Well....looks like I wont be buying a brand new cam chain tensioner any time soon.

I went to the VW dealer and they want $786 for the new ONE. That ain't happening.

So, I ended up going to the local Pick N Pull car recyclers and found six 1.8T engines First cct I removed had a broken lower chain guide.
The second one I pulled didn't have the two wire sensor as mine requires....(it must have been an older 1.8T) I didn't realize it till after I pulled it off.. The third one I removed looked nice and clean. all the cam bearing journals still had oil in the little channels. And I am hoping it is a good part. 

The car I got this junk yard part from had a shredded timing belt...I take that as a good sign that the car was running prior to it ending up in the JY. OR on the other hand I take it as a bad sign that the previous owner neglected proper vehicle maintenance. Either way....who knows. 

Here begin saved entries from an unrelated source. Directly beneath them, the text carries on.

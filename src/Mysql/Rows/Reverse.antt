-- ===== src/Mysql/Rows/Reverse.antt =====
-- `Reverse`, `reverseRows` and `completeRows` of E_ROWS_EVENT.go. The clones are the lists themselves.
use go_dblog.Prelude.{
  ℕ, Bool, not, ◌&&◌, ◌||◌, Option, none, some, List, [], length, all, ◌==◌, if◌then◌else◌,
}
use go_dblog.Mysql.Column as C
use go_dblog.Mysql.Rows.Value.{ColumnValue}
use go_dblog.Mysql.Rows.Event.{BinRowsEvent, Row}

abbrev pub complete_row : Row → Bool
complete_row row = all (λ (column : ColumnValue). not column.skipped) row

abbrev pub complete_rows : List Row → Bool
complete_rows rows = all complete_row rows

-- `beforeRows == nil && afterRows == nil && len(rows) == 0`; the callers give images that are nil or
-- not empty.
unfoldable pub no_rows : List Row → List Row → List Row → Bool
no_rows rows before_rows after_rows =
    length rows == 0 && length before_rows == 0 && length after_rows == 0

unfoldable pub reverse_rows :
    BinRowsEvent → ℕ → List Row → List Row → List Row → Option (BinRowsEvent × ℕ)
unfolding no_rows
reverse_rows e typ rows before_rows after_rows =
    if no_rows rows before_rows after_rows
    then none
    else if complete_rows rows && complete_rows before_rows && complete_rows after_rows
    then some (
      record {
        version = e.version;
        table_id = e.table_id;
        table_id_len = 0;
        flags = e.flags;
        extra_data = e.extra_data;
        column_count = e.column_count;
        columns_bitmap1 = e.columns_bitmap1;
        columns_bitmap2 = e.columns_bitmap2;
        schema = e.schema;
        table = e.table;
        rows = rows;
        before_rows = before_rows;
        after_rows = after_rows;
        unknown_table = none;
      },
      typ,
    )
    else none

-- The event type that undoes a WRITE or a DELETE.
unfoldable pub opposite_type : ℕ → Option ℕ
opposite_type typ =
    if typ == C.write_rows_v0
    then some C.delete_rows_v0
    else if typ == C.write_rows_v1
    then some C.delete_rows_v1
    else if typ == C.write_rows_v2
    then some C.delete_rows_v2
    else if typ == C.delete_rows_v0
    then some C.write_rows_v0
    else if typ == C.delete_rows_v1
    then some C.write_rows_v1
    else if typ == C.delete_rows_v2
    then some C.write_rows_v2
    else none

unfoldable pub is_update_type : ℕ → Bool
is_update_type typ = typ == C.update_rows_v0 || typ == C.update_rows_v1 || typ == C.update_rows_v2

-- The case of an update in `Reverse`: the images are swapped.
unfoldable pub reverse_update : BinRowsEvent → ℕ → Option (BinRowsEvent × ℕ)
unfolding reverse_rows
reverse_update e typ =
    if length e.before_rows == 0 || not (length e.before_rows == length e.after_rows)
    then none
    else reverse_rows e typ [] e.after_rows e.before_rows

-- The switch of `Reverse`, with the opposite of the type.
unfoldable pub reverse_as : BinRowsEvent → ℕ → Option ℕ → Option (BinRowsEvent × ℕ)
unfolding reverse_rows reverse_update is_update_type
reverse_as e typ (some typ') = reverse_rows e typ' e.rows [] []
reverse_as e typ none = if is_update_type typ then reverse_update e typ else none

-- `if e.DecodeError != "" { return nil, 0, false }`
abbrev pub if_decoded : {A : Type 0} → Option ℕ → Option A → Option A
if_decoded (some unknown) rest = none
if_decoded none rest = rest

-- `Reverse`, on an event that is not nil.
unfoldable pub reverse : BinRowsEvent → ℕ → Option (BinRowsEvent × ℕ)
unfolding reverse_as opposite_type
reverse e typ = if_decoded e.unknown_table (reverse_as e typ (opposite_type typ))
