-- ===== src/Mysql/Description.antt =====
-- E_FORMAT_DESCRIPTION_EVENT.go, and `MysqlVersion` with `HasChecksum` of mysql/common/checksum.go.
-- An `int` is its 64 bits. The third part of a version is ASCII text.
use go_dblog.Prelude.{
  ℕ, ◌+◌, ◌-◌, ◌*◌, ◌%◌, ◌^◌, Bool, ◌&&◌, none, some, List, [], ◌∷◌, ltb, leb, ◌==◌, if◌then◌else◌,
}
use go_dblog.Prelude.Result.{ok, panic, ◌>>=◌}
use go_dblog.Prelude.Text.{Bytes}
use go_dblog.Prelude.Decimal.{digits_value, is_digit}
use go_dblog.Mysql.Bytes.{Decoded, byte_at, from, slice, uint, trim_nul_string}

pub record FmtDescEvent : Type 0 where
  pub binlog_version : ℕ
  pub mysql_version_text : Bytes
  pub create_time : ℕ
  pub event_header_length : ℕ
  pub event_type_header : Bytes
  pub has_check_sum : Bool

-- `strings.Split(s, ".")`: the first part, and the others.
unfoldable pub split_dots : Bytes → Bytes × List Bytes
split_dots [] = ([], [])
split_dots (c ∷ s) = let r = split_dots s in if c == b'.' then ([], r.0 ∷ r.1) else (c ∷ r.0, r.1)

-- The first result of `strconv.Atoi`, whatever the second is: 0 where the text is no number, the
-- nearest `int` where the number is none.
unfoldable pub digits_or_zero : ℕ → Bytes → ℕ
unfolding digits_value
digits_or_zero limit [] = 0
digits_or_zero limit (c ∷ s) = elim (digits_value 0 (c ∷ s)) [
  | none ↦ 0
  | some n ↦ if ltb limit n then limit else n
]

unfoldable pub int_of : Bytes → ℕ
unfolding digits_or_zero
int_of [] = 0
int_of (c ∷ s) =
    if c == b'-'
    then (2 ^ 64 - digits_or_zero (2 ^ 63) s) % 2 ^ 64
    else if c == b'+'
    then digits_or_zero (2 ^ 63 - 1) s
    else digits_or_zero (2 ^ 63 - 1) (c ∷ s)

unfoldable pub leading_digits : Bytes → Bytes
leading_digits [] = []
leading_digits (c ∷ s) = if is_digit c then c ∷ leading_digits s else []

-- `MysqlVersion`; `split[1]` panics where there is no dot.
unfoldable pub mysql_version : Bytes → Decoded ℕ
unfolding split_dots int_of leading_digits
mysql_version s =
    let (f, parts) = split_dots s in
    elim parts [
      | [] ↦ panic
      | m ∷ [] ↦ ok ((int_of f * 2 ^ 20 + int_of m * 2 ^ 10) % 2 ^ 64)
      | m ∷ (t ∷ _) ↦
          ok ((int_of f * 2 ^ 20 + int_of m * 2 ^ 10 + int_of (leading_digits t)) % 2 ^ 64)
    ]

abbrev pub mysql_checksum_version : ℕ
mysql_checksum_version = 5 * 2 ^ 20 + 6 * 2 ^ 10 + 2

-- `HasChecksum`; a negative version is less.
unfoldable pub has_checksum : Bytes → Decoded Bool
unfolding mysql_version
has_checksum s = do
  version ← mysql_version s
  ok (ltb version (2 ^ 63) && leb mysql_checksum_version version)

unfoldable pub trim_left_nul : Bytes → Bytes
trim_left_nul [] = []
trim_left_nul (c ∷ s) = if c == 0 then trim_left_nul s else c ∷ s

-- `Decode`
unfoldable pub decode_format_description : Bytes → Decoded FmtDescEvent
unfolding uint slice has_checksum trim_left_nul trim_nul_string from
decode_format_description s = do
  binlog_version ← uint 2 s 0
  padded ← slice s 2 50
  let version = trim_nul_string (trim_left_nul padded)
  checksum ← has_checksum version
  create_time ← uint 4 s 52
  header_length ← byte_at s 56
  type_header ← from s 57
  ok (record {
    binlog_version = binlog_version;
    mysql_version_text = version;
    create_time = create_time;
    event_header_length = header_length;
    event_type_header = type_header;
    has_check_sum = checksum;
  })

Is there a way to disassemble the cam chain tensioner? I want to take apart the bad one that's on my car. I want to see the insides of it. On this JY part I can see what appears to be a snap ring on the lower piston...the side with the small coil spring.


----------



## l88m22vette (Mar 2, 2006)

Nice, chain tensioner, good call :thumbup: You can get a new tensioner online for super-cheap, the price you quoted is nuts


----------



## 1.8TTony (Oct 31, 2014)

Gonna give this used one a try. 

I looked online and saw the prices. Many companies, which would be the best for right around $350-$400......By the best, I'm referring to quality, fitment and longevity.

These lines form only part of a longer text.